_Data provided_
-- ===== src/Application/Messages/Wire/Agent.antt =====
-- The messages about an agent on the wire.
use openscreen_rs.Base.{ℕ, ◌++◌, Option, none, some, List, []}
use openscreen_rs.Deps.{Deps, Laws}
use openscreen_rs.Application.Enumerations.{AgentCapability, capability_code}
use openscreen_rs.Application.Messages.{
  AgentInfo, AgentInfoRequest, AgentInfoResponse, Status, AgentStatusRequest, AgentStatusResponse,
  AgentInfoEvent,
}
use openscreen_rs.Network.Messages.Codec.Writes.{Writes, Writes-pure, Writes-then, emit-Writes}
use openscreen_rs.Network.Messages.Codec.Wire.{u8_bytes, map_bytes}
use openscreen_rs.Application.Kinds.{ApplicationMessageType}
use openscreen_rs.Application.Messages.Encode.Agent.{
  status_count, encode_capability, encode_text, encode_agent_info, encode_status_field,
  encode_info_request, encode_info_response, encode_status_request, encode_status_response,
  encode_info_event,
}
use openscreen_rs.Application.Messages.Wire.{
  kind_bytes, u64_bytes, text_bytes, list_bytes, kind-Writes, list-Writes,
}

module _ (d : Deps) where
  abbrev pub capability_bytes : AgentCapability → List ℕ
  capability_bytes cap = u8_bytes d (capability_code cap)

  abbrev pub agent_info_bytes : AgentInfo → List ℕ
  agent_info_bytes msg =
      map_bytes d 5
      ++ (u8_bytes d 0
          ++ (text_bytes d msg.display_name
              ++ (u8_bytes d 1
                  ++ (text_bytes d msg.model_name
                      ++ (u8_bytes d 2
                          ++ (list_bytes d capability_bytes msg.capabilities
                              ++ (u8_bytes d 3
                                  ++ (text_bytes d msg.state_token
                                      ++ (u8_bytes d 4
                                          ++ (list_bytes d (text_bytes d) msg.locales))))))))))

  abbrev pub status_field_bytes : Option Status → List ℕ
  status_field_bytes none = []
  status_field_bytes (some status) =
      u8_bytes d 1 ++ (map_bytes d 1 ++ (u8_bytes d 0 ++ text_bytes d status.status))

  abbrev pub info_request_bytes : AgentInfoRequest → List ℕ
  info_request_bytes msg = map_bytes d 1 ++ (u8_bytes d 0 ++ (u64_bytes d msg.request_id))

  abbrev pub info_response_bytes : AgentInfoResponse → List ℕ
  info_response_bytes msg =
      map_bytes d 2
      ++ (u8_bytes d 0
          ++ (u64_bytes d msg.request_id ++ (u8_bytes d 1 ++ (agent_info_bytes msg.agent_info))))

  abbrev pub status_request_bytes : AgentStatusRequest → List ℕ
  status_request_bytes msg =
      map_bytes d (status_count msg.status)
      ++ (u8_bytes d 0 ++ (u64_bytes d msg.request_id ++ (status_field_bytes msg.status)))

  abbrev pub status_response_bytes : AgentStatusResponse → List ℕ
  status_response_bytes msg =
      map_bytes d (status_count msg.status)
      ++ (u8_bytes d 0 ++ (u64_bytes d msg.request_id ++ (status_field_bytes msg.status)))

  abbrev pub info_event_bytes : AgentInfoEvent → List ℕ
  info_event_bytes msg = map_bytes d 1 ++ (u8_bytes d 0 ++ (agent_info_bytes msg.agent_info))

module _ (d : Deps) (laws : Laws d) (n : ℕ) where
  capability-Writes :
      (cap : AgentCapability) → Writes n (encode_capability d n cap) (capability_bytes d cap)
  unfolding encode_capability
  capability-Writes cap = emit-Writes d laws n _

  text-Writes : (text : List ℕ) → Writes n (encode_text d n text) (text_bytes d text)
  unfolding encode_text
  text-Writes text = emit-Writes d laws n _

  agent_info-Writes :
      (msg : AgentInfo) → Writes n (encode_agent_info d n msg) (agent_info_bytes d msg)
  unfolding encode_agent_info
  agent_info-Writes msg =
      search
        (
          Writes-then n,
          emit-Writes d laws n,
          list-Writes d laws n capability-Writes,
          list-Writes d laws n text-Writes,
        )
        depth 24

  status_field-Writes :
      (status : Option Status)
      → Writes n (encode_status_field d n status) (status_field_bytes d status)
  unfolding encode_status_field
  status_field-Writes none = Writes-pure n
  status_field-Writes (some status) = search (Writes-then n, emit-Writes d laws n)

  pub info_request-Writes :
      (msg : AgentInfoRequest)
      → Writes n
          (encode_info_request d n msg)
          (kind_bytes d ApplicationMessageType.agent_info_request ++ info_request_bytes d msg)
  unfolding encode_info_request
  info_request-Writes msg =
      search (Writes-then n, emit-Writes d laws n, kind-Writes d laws n) depth 24

  pub info_response-Writes :
      (msg : AgentInfoResponse)
      → Writes n
          (encode_info_response d n msg)
          (kind_bytes d ApplicationMessageType.agent_info_response ++ info_response_bytes d msg)
  unfolding encode_info_response
  info_response-Writes msg =
      search (Writes-then n, emit-Writes d laws n, kind-Writes d laws n, agent_info-Writes) depth 24

  pub status_request-Writes :
      (msg : AgentStatusRequest)
      → Writes n
          (encode_status_request d n msg)
          (kind_bytes d ApplicationMessageType.agent_status_request ++ status_request_bytes d msg)
  unfolding encode_status_request
  status_request-Writes msg =
      search (Writes-then n, emit-Writes d laws n, kind-Writes d laws n, status_field-Writes) depth
        24

  pub status_response-Writes :
      (msg : AgentStatusResponse)
      → Writes n
          (encode_status_response d n msg)
          (kind_bytes d ApplicationMessageType.agent_status_response ++ status_response_bytes d msg)
  unfolding encode_status_response
  status_response-Writes msg =
      search (Writes-then n, emit-Writes d laws n, kind-Writes d laws n, status_field-Writes) depth
        24

  pub info_event-Writes :
      (msg : AgentInfoEvent)
      → Writes n
          (encode_info_event d n msg)
          (kind_bytes d ApplicationMessageType.agent_info_event ++ info_event_bytes d msg)
  unfolding encode_info_event
  info_event-Writes msg =
      search (Writes-then n, emit-Writes d laws n, kind-Writes d laws n, agent_info-Writes) depth 24
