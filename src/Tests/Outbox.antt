-- ===== src/Tests/Outbox.antt =====
-- Runs of the outbox relay on a small table.
use nodejs_basics.Prelude.{
  ℕ, true, false, none, some, List, [], ◌∷◌, ◌≡◌, ◌≢◌, refl, arith, length, ◌==◌, if◌then◌else◌,
}
use nodejs_basics.Kafka.Errors.{send_error, rejected, unavailable}
use nodejs_basics.Outbox.{
  Row, Relay, Env, Refusal, relay_batch, select, has_id, is_outage, written, bump,
}
use nodejs_basics.Outbox.Table.{Ascends, find}
use nodejs_basics.Outbox.Fate.{fate, find-relay_batch}
use nodejs_basics.Outbox.Passes.{IsCapped}
use nodejs_basics.Outbox.Drain.{IsCalm, pending, passes, backlog_drains}

abbrev row : ℕ → Row
row i = record {
  id = i;
  topic = "tasks";
  key = none;
  payload = [];
  headers = [];
  attempts = 0;
  last_error = none;
  created_at = 0;
}

abbrev rows : List Row
rows = row 1 ∷ row 2 ∷ row 3 ∷ []

abbrev relay : Relay
relay = record {
  interval_ms = 500;
  batch_size = 2;
  max_attempts = 3;
  failures = 0;
  partial = false;
  stopping = false;
  stats = none;
  timer = none;
}

-- Everything goes out.
abbrev calm : Env
calm = record {
  locked = λ i. false;
  send = λ r. none;
  reads_ok = true;
  writes_ok = true;
  stats_ok = true;
  now = 10;
}

abbrev poison : Refusal
poison = record { error = send_error rejected none; message = [] }

abbrev outage : Refusal
outage = record { error = send_error unavailable none; message = [] }

-- The second row is refused for good.
abbrev mixed : Env
mixed = record calm { send = λ r. if r.id == 2 then some poison else none }

abbrev down : Env
down = record calm { send = λ r. some outage }

abbrev broken : Env
broken = record calm { reads_ok = false }

ascending : Ascends 0 rows
ascending = (omega arith, (omega arith, (omega arith, tt)))

find-relay_batch_example :
    find 2 (relay_batch relay mixed rows).1
    ≡ fate mixed (has_id (select relay (λ i. false) rows) 2) (find 2 rows)
unfolding relay_batch is_outage select
find-relay_batch_example = find-relay_batch relay mixed 0 2 1 rows ascending refl

capped : IsCapped relay rows
unfolding find
capped i r h = ground arith

some_rows : select relay down.locked rows ≢ []
unfolding select
some_rows e = cc

calm-IsCalm : IsCalm calm
calm-IsCalm = record { reads = refl; writes = refl; acks = λ r. refl; free = λ i. refl }

backlog_drains_example : length (pending relay (passes relay (calm ∷ calm ∷ []) rows)) ≡ 0
backlog_drains_example =
    backlog_drains relay (calm ∷ calm ∷ []) 0 rows ascending (calm-IsCalm, (calm-IsCalm, tt))
      (omega arith)

abbrev map_ids : List Row → List ℕ
map_ids [] = []
map_ids (r ∷ rs) = r.id ∷ map_ids rs

-- The good rows of a mixed batch go out, the refused one stays with one attempt.
mixed_pass : map_ids (relay_batch relay mixed rows).1 ≡ 2 ∷ 3 ∷ []
unfolding relay_batch select is_outage written bump
mixed_pass = refl
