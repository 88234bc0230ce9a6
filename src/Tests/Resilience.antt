-- ===== src/Tests/Resilience.antt =====
-- Runs of the backoff and of the retry loop.
use nodejs_basics.Prelude.{
  ℕ, ◌*◌, ◌/◌, leb, if◌then◌else◌, zero, suc, ◌≤◌, true, some, ◌≡◌, arith, All,
}
use nodejs_basics.Prelude.Int.{pos}
use nodejs_basics.Resilience.Backoff.{num, Draw, compute_jittered_delay}
use nodejs_basics.Resilience.Backoff.Bounds.{compute_jittered_delay_exact}
use nodejs_basics.Resilience.Retry.{
  RetryPolicy, Outcome, resolved, rejected, Ended, World, with_retry,
}
use nodejs_basics.Resilience.Retry.Ends.{Reason, IsAllowed, with_retry_ends}

abbrev half : Draw
half = record { floor_times = λ cap. cap / 2; most = λ cap. omega arith }

-- Above 10000, numbers are rounded down to even ones.
unfoldable even : ℕ → ℕ
even x = if leb x 10000 then x else 2 * (x / 2)

even-exact : (x : ℕ) → x ≤ 10000 → even x ≡ x
unfolding even
even-exact x h = ground arith

even-monotone : (x y : ℕ) → x ≤ y → even x ≤ even y
unfolding even
even-monotone x y h = ground arith

compute_jittered_delay_exact_example :
    (compute_jittered_delay 100000 even
        (record { min_timeout = num 100; max_timeout = num 5000; factor = num 2 })
        (pos 3)
        half
      ≡ 400)
    × (compute_jittered_delay 100000 even
          (record { min_timeout = num 100; max_timeout = num 5000; factor = num 2 })
          (pos 3)
          half
        ≤ 800)
unfolding even
compute_jittered_delay_exact_example =
    compute_jittered_delay_exact 100000 even 10000 (omega arith) even-exact even-monotone 100 5000 2
      3 half (omega arith)

-- The second call succeeds.
abbrev answer : ℕ → Outcome ℕ ℕ
answer zero = rejected 7
answer (suc _) = resolved 1

abbrev world : World ℕ ℕ
world = record {
  operation = answer;
  took = λ i. 5;
  draw = λ i. half;
  late = λ i. 0;
  limit = 100000;
  round = even;
}

abbrev policy : RetryPolicy
policy = record { max_attempts = 3; base_delay_ms = 100; max_delay_ms = 5000; budget_ms = 30000 }

with_retry_ends_example :
    (e : Ended ℕ ℕ) × (with_retry world policy (λ x. true) 4 0 ≡ some e)
    × Reason world policy (λ x. true) 0 e
    × (e.calls ≤ 4)
    × All (IsAllowed world policy (λ x. true) 0) e.told
with_retry_ends_example = with_retry_ends world policy (λ x. true) 4 0 (omega arith)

_Task to complete_
Which lines above contain "resolved"? Show each of them.

_Response box_
  RetryPolicy, Outcome, resolved, rejected, Ended, World, with_retry,
answer (suc _) = resolved 1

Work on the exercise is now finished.